Windows 7 legt eine 100MB versteckte NTFS partition als /dev/sda1 (Unsichtbar unter Windows) and und dann das System auf /dev/sda2 (C :Smile: !

Wenn du die 100MB Partition löscht ist Bootmanager + Rescue Tools weg und das System bootet nicht mehr.

So wie du das schilderst sieht es eher so aus als wenn du genau diese Partition gelöscht hättest  :Smile: 

Schieb die  Windows 7 CD  rein und geh in den Rescue Modus, entweder wird dann automatisch das System "gerettet" oder du darfst von Hand ran. 

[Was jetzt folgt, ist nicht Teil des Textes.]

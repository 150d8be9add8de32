-- ===== src/Hdlc/RoundTrip.antt =====
-- A frame of any control byte and field, read by `hdlc_decode`.
use cosemlib.Base.{
  ℕ, ◌+◌, ◌-◌, ◌*◌, ◌/◌, ◌%◌, ◌≤◌, ◌<◌, ◌≡◌, refl, sym, ap, ◌∙◌, List, [], ◌∷◌, ◌++◌, some, true,
  if◌then◌else◌, leb, le→leb, arith, length, length-append, append_assoc, get_elem?, ret, ◌>>=◌,
}
use cosemlib.Base.Words.{u16_mod, low8, shr}
use cosemlib.Hdlc.{Hdlc, Code, get_len, load}
use cosemlib.Hdlc.Control.{decode_control_field}
use cosemlib.Hdlc.Encode.{low_first}
use cosemlib.Hdlc.Fcs.{check_fcs}
use cosemlib.Hdlc.Decode.{
  decode_addresses_of, decode_addresses, decode_tail, decode_control, is_format_3, decode,
}
use cosemlib.Hdlc.Frame.{addresses_of, crc, body, frame, frame_size_of}
use cosemlib.Hdlc.Reading.{at_place, load_at, check_fcs-ok, check_hcs-ok, IsAddress}
use cosemlib.Hdlc.Frame.{info_part}
use cosemlib.Hdlc.Written.{length-info_part}
use cosemlib.Hdlc.Addressed.{addressed, decode_addresses_of-run}

-- The place and the size of the information field, where there is one.
abbrev pub with_field : ℕ → List ℕ → Hdlc → Hdlc
with_field i [] d = d
with_field i (x ∷ xs) d = record d { data_index = i; data_size = length (x ∷ xs) }

-- What stands behind the control field: the check sequence of the header and the information field.
decode_tail-run :
    (x m n i : ℕ) (header q : List ℕ) (d : Hdlc)
    → i ≡ length header + 1
    → d.frame_size ≡ length header + m + 6
    → d.frame_size < u16_mod
    → decode_tail ((x ∷ []) ++ (header ++ (crc header ++ q))) i d
      ≡ ret Code.ok (record d { data_index = length header + 3; data_size = m })
unfolding decode_tail
decode_tail-run x m n i header q d e k small =
    let buf = (x ∷ []) ++ (header ++ (crc header ++ q)) in
    let left : (d.frame_size + u16_mod - 3 + u16_mod - i % u16_mod) % u16_mod ≡ m + 2 =
      omega arith in
    let some_left : leb 2 (m + 2) ≡ true = le→leb 2 (m + 2) (omega arith) in
    let at : (i + 2) % u16_mod ≡ length header + 3 = omega arith in
    let size : m + 2 - 2 ≡ m = omega arith in
    rw (
      ◌>>=◌,
      left,
      some_left,
      if◌then◌else◌,
      at,
      check_hcs-ok x header q d (length header + 3) refl,
      left,
      size,
      at,
    )

-- Nothing stands behind the control field of a frame without information.
decode_tail_empty :
    (buf : List ℕ) (i : ℕ) (d : Hdlc)
    → d.frame_size ≡ i + 3
    → d.frame_size < u16_mod
    → decode_tail buf i d ≡ ret Code.ok d
unfolding decode_tail
decode_tail_empty buf i d k small =
    let left : (d.frame_size + u16_mod - 3 + u16_mod - i % u16_mod) % u16_mod ≡ 0 = omega arith in
    rw (◌>>=◌, left, if◌then◌else◌) refl

decode_tail_field :
    (x i : ℕ) (header field q : List ℕ) (d : Hdlc)
    → i ≡ length header + 1
    → d.frame_size ≡ length header + length (info_part header field) + 4
    → d.frame_size < u16_mod
    → decode_tail ((x ∷ []) ++ (header ++ (info_part header field ++ q))) i d
      ≡ ret Code.ok (with_field (length header + 3) field d)
unfolding low_first
decode_tail_field x i header [] q d e k small = decode_tail_empty _ i d (omega (arith, e, k)) small
decode_tail_field x i header (b ∷ bs) q d e k small =
    let n = length-append (crc header) (b ∷ bs) in
    ap (λ t. decode_tail ((x ∷ []) ++ (header ++ t)) i d) (append_assoc (crc header) (b ∷ bs) q)
    ∙ decode_tail-run x (length (b ∷ bs)) 0 i header ((b ∷ bs) ++ q) d e (omega (arith, k)) small

decode_control-run :
    (x control i : ℕ) (front field q : List ℕ) (d d' : Hdlc)
    → let header = front ++ (control ∷ []) in
      i ≡ length header
      → decode_control_field d control ≡ (Code.ok, d')
      → d'.frame_size ≡ length header + length (info_part header field) + 4
      → d'.frame_size < u16_mod
      → decode_control ((x ∷ []) ++ (header ++ (info_part header field ++ q))) i d
        ≡ ret Code.ok (with_field (length header + 3) field d')
unfolding decode_control
decode_control-run x control i front field q d d' e found_type size small =
    let header = front ++ (control ∷ []) in
    let r = info_part header field ++ q in
    let buf = (x ∷ []) ++ (header ++ r) in
    let shape : (x ∷ front) ++ (control ∷ r) ≡ buf =
      ap (λ t. x ∷ t) (sym (append_assoc front (control ∷ []) r)) in
    let n = length-append front (control ∷ []) in
    let found : load buf i d ≡ ret control d =
      ap (λ t. load t i d) (sym shape)
      ∙ load_at ((x ∷ front) ++ (control ∷ r)) i control d
          (at_place (x ∷ front) (control ∷ r) 0 i (omega (arith, e, n))) in
    rw (◌>>=◌, found, found_type)
      (decode_tail_field x (i + 1) header field q d' (omega (arith, e)) size small)

module _ (h : Hdlc) (control : ℕ) (field q : List ℕ) where
  abbrev fs : ℕ
  fs = frame_size_of h field

  abbrev received : List ℕ
  received = frame h control field ++ q

  abbrev front : List ℕ
  front = (0xA0 + shr fs 8 % 8) ∷ low8 fs ∷ addresses_of h.sender h

  abbrev inside : List ℕ
  inside = body h control field

  -- The frame as its check sequences see it.
  shape_fcs : received ≡ (0x7E ∷ []) ++ (inside ++ (crc inside ++ (0x7E ∷ q)))
  shape_fcs =
      ap (λ t. 0x7E ∷ t)
        (append_assoc inside (crc inside ++ (0x7E ∷ [])) q
          ∙ ap (λ t. inside ++ t) (append_assoc (crc inside) (0x7E ∷ []) q))

  abbrev header : List ℕ
  header = front ++ (control ∷ [])

  pub shape_hcs :
      received ≡ (0x7E ∷ []) ++ (header ++ (info_part header field ++ (crc inside ++ (0x7E ∷ q))))
  shape_hcs =
      let r = crc inside ++ (0x7E ∷ q) in
      shape_fcs ∙ ap (λ t. 0x7E ∷ t) (append_assoc header (info_part header field) r)

  shape_addresses :
      received
      ≡ (0x7E ∷ (0xA0 + shr fs 8 % 8) ∷ low8 fs ∷ [])
        ++ (addresses_of h.sender h
            ++ (control ∷ (info_part header field ++ (crc inside ++ (0x7E ∷ q)))))
  shape_addresses =
      let r = info_part header field ++ (crc inside ++ (0x7E ∷ q)) in
      shape_hcs ∙ ap (λ t. 0x7E ∷ t) (append_assoc front (control ∷ []) r)

  length-inside : length inside + 2 ≡ fs
  unfolding low_first
  length-inside =
      let a = addresses_of h.sender h in
      omega (
        arith,
        length-append header (info_part header field),
        length-append a (control ∷ []),
        length-info_part h control field,
      )

  pub length-header : length header ≡ length (addresses_of h.sender h) + 3
  length-header = omega (arith, length-append (addresses_of h.sender h) (control ∷ []))

  last_at : get_elem? received (fs + 2 - 1) ≡ some 0x7E
  unfolding low_first
  last_at =
      ap (λ t. get_elem? t (fs + 2 - 1)) shape_fcs
      ∙ at_place (0x7E ∷ inside) (crc inside ++ (0x7E ∷ q)) 2 (fs + 2 - 1)
          (omega (arith, length-inside))

  pub decode-run :
      (size : ℕ) (d d' : Hdlc)
      → IsAddress h.addr_len h.logical_device h.phy_address
      → h.client_addr < 128
      → d.sender ≡ h.sender
      → fs < 256
      → fs + 2 ≤ size
      → decode_control_field
          (addressed h (record d { segmentation = 0; frame_size = fs + 2 }))
          control
        ≡ (Code.ok, d')
      → d'.frame_size ≡ fs + 2
      → decode received size d ≡ ret Code.ok (with_field (length header + 3) field d')
  unfolding decode get_len decode_addresses
  decode-run size d d' a c same small room found sized =
      let d1 = record d { segmentation = 0; frame_size = fs + 2 } in
      let format : 0xA0 + shr fs 8 % 8 ≡ 0xA0 = omega (arith, small) in
      let segment : (0xA0 + shr fs 8 % 8) / 8 % 2 ≡ 0 = omega (arith, small) in
      let measured : ((0xA0 + shr fs 8 % 8) % 4 * 2048 % u16_mod + low8 fs) % u16_mod ≡ fs =
        omega (arith, small) in
      let total : (fs + 2) % u16_mod ≡ fs + 2 = omega (arith, small) in
      let typed : is_format_3 (0xA0 + shr fs 8 % 8) ≡ true = ap is_format_3 format in
      let enough : leb (fs + 2) size ≡ true = le→leb _ _ room in
      let checked : check_fcs received (fs + 2) d1 ≡ ret Code.ok d1 =
        ap (λ t. check_fcs t (fs + 2) d1) shape_fcs
        ∙ check_fcs-ok 0x7E inside (0x7E ∷ q) d1 (fs + 2) (omega (arith, length-inside)) in
      let last = load_at received (fs + 2 - 1) 0x7E d1 last_at in
      let addresses : decode_addresses_of d.sender received d1
          ≡ decode_control received (3 + length (addresses_of h.sender h)) (addressed h d1) =
        ap (λ s. decode_addresses_of s received d1) same
        ∙ ap (λ t. decode_addresses_of h.sender t d1) shape_addresses
        ∙ decode_addresses_of-run h.sender h d1 (0x7E ∷ (0xA0 + shr fs 8 % 8) ∷ low8 fs ∷ []) _ refl
            a c (omega (arith, length-inside))
        ∙ ap (λ t. decode_control t (3 + length (addresses_of h.sender h)) (addressed h d1))
            (sym shape_addresses) in
      let tail : decode_control received (3 + length (addresses_of h.sender h)) (addressed h d1)
          ≡ ret Code.ok (with_field (length header + 3) field d') =
        ap (λ t. decode_control t (3 + length (addresses_of h.sender h)) (addressed h d1)) shape_hcs
        ∙ decode_control-run 0x7E control (3 + length (addresses_of h.sender h)) front field
            (crc inside ++ (0x7E ∷ q)) (addressed h d1) d' (omega (arith, length-header)) found
            (omega (arith, sized, length-header, length-info_part h control field))
            (omega (arith, sized, small)) in
      rw (◌>>=◌, typed, if◌then◌else◌, measured, total, segment, enough, last, checked, addresses)
        tail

PS. Nein Grub kann dein Windows nicht starten wenn der  Bootloader von Windows tot ist, da chainloader +1 grub nur dazu bewegt den Bootloader des anderen Systems  auszuführen. (Schlagt mich wenns nicht 100% korrekt erklärt ist)

----------

## Max Steel

 *root_tux_linux wrote:*   

> PS. Nein Grub kann dein Windows nicht starten wenn der  Bootloader von Windows tot ist, da chainloader +1 grub nur dazu bewegt den Bootloader des anderen Systems  auszuführen. (Schlagt mich wenns nicht 100% korrekt erklärt ist)

 

Nix mit schlägen für dich. Nur eine Sache:

Die 100MB Boot-Partition wird nur wegen Bit-Locker benötigt, somit eigentlich erst ab Win7 Prof interresant.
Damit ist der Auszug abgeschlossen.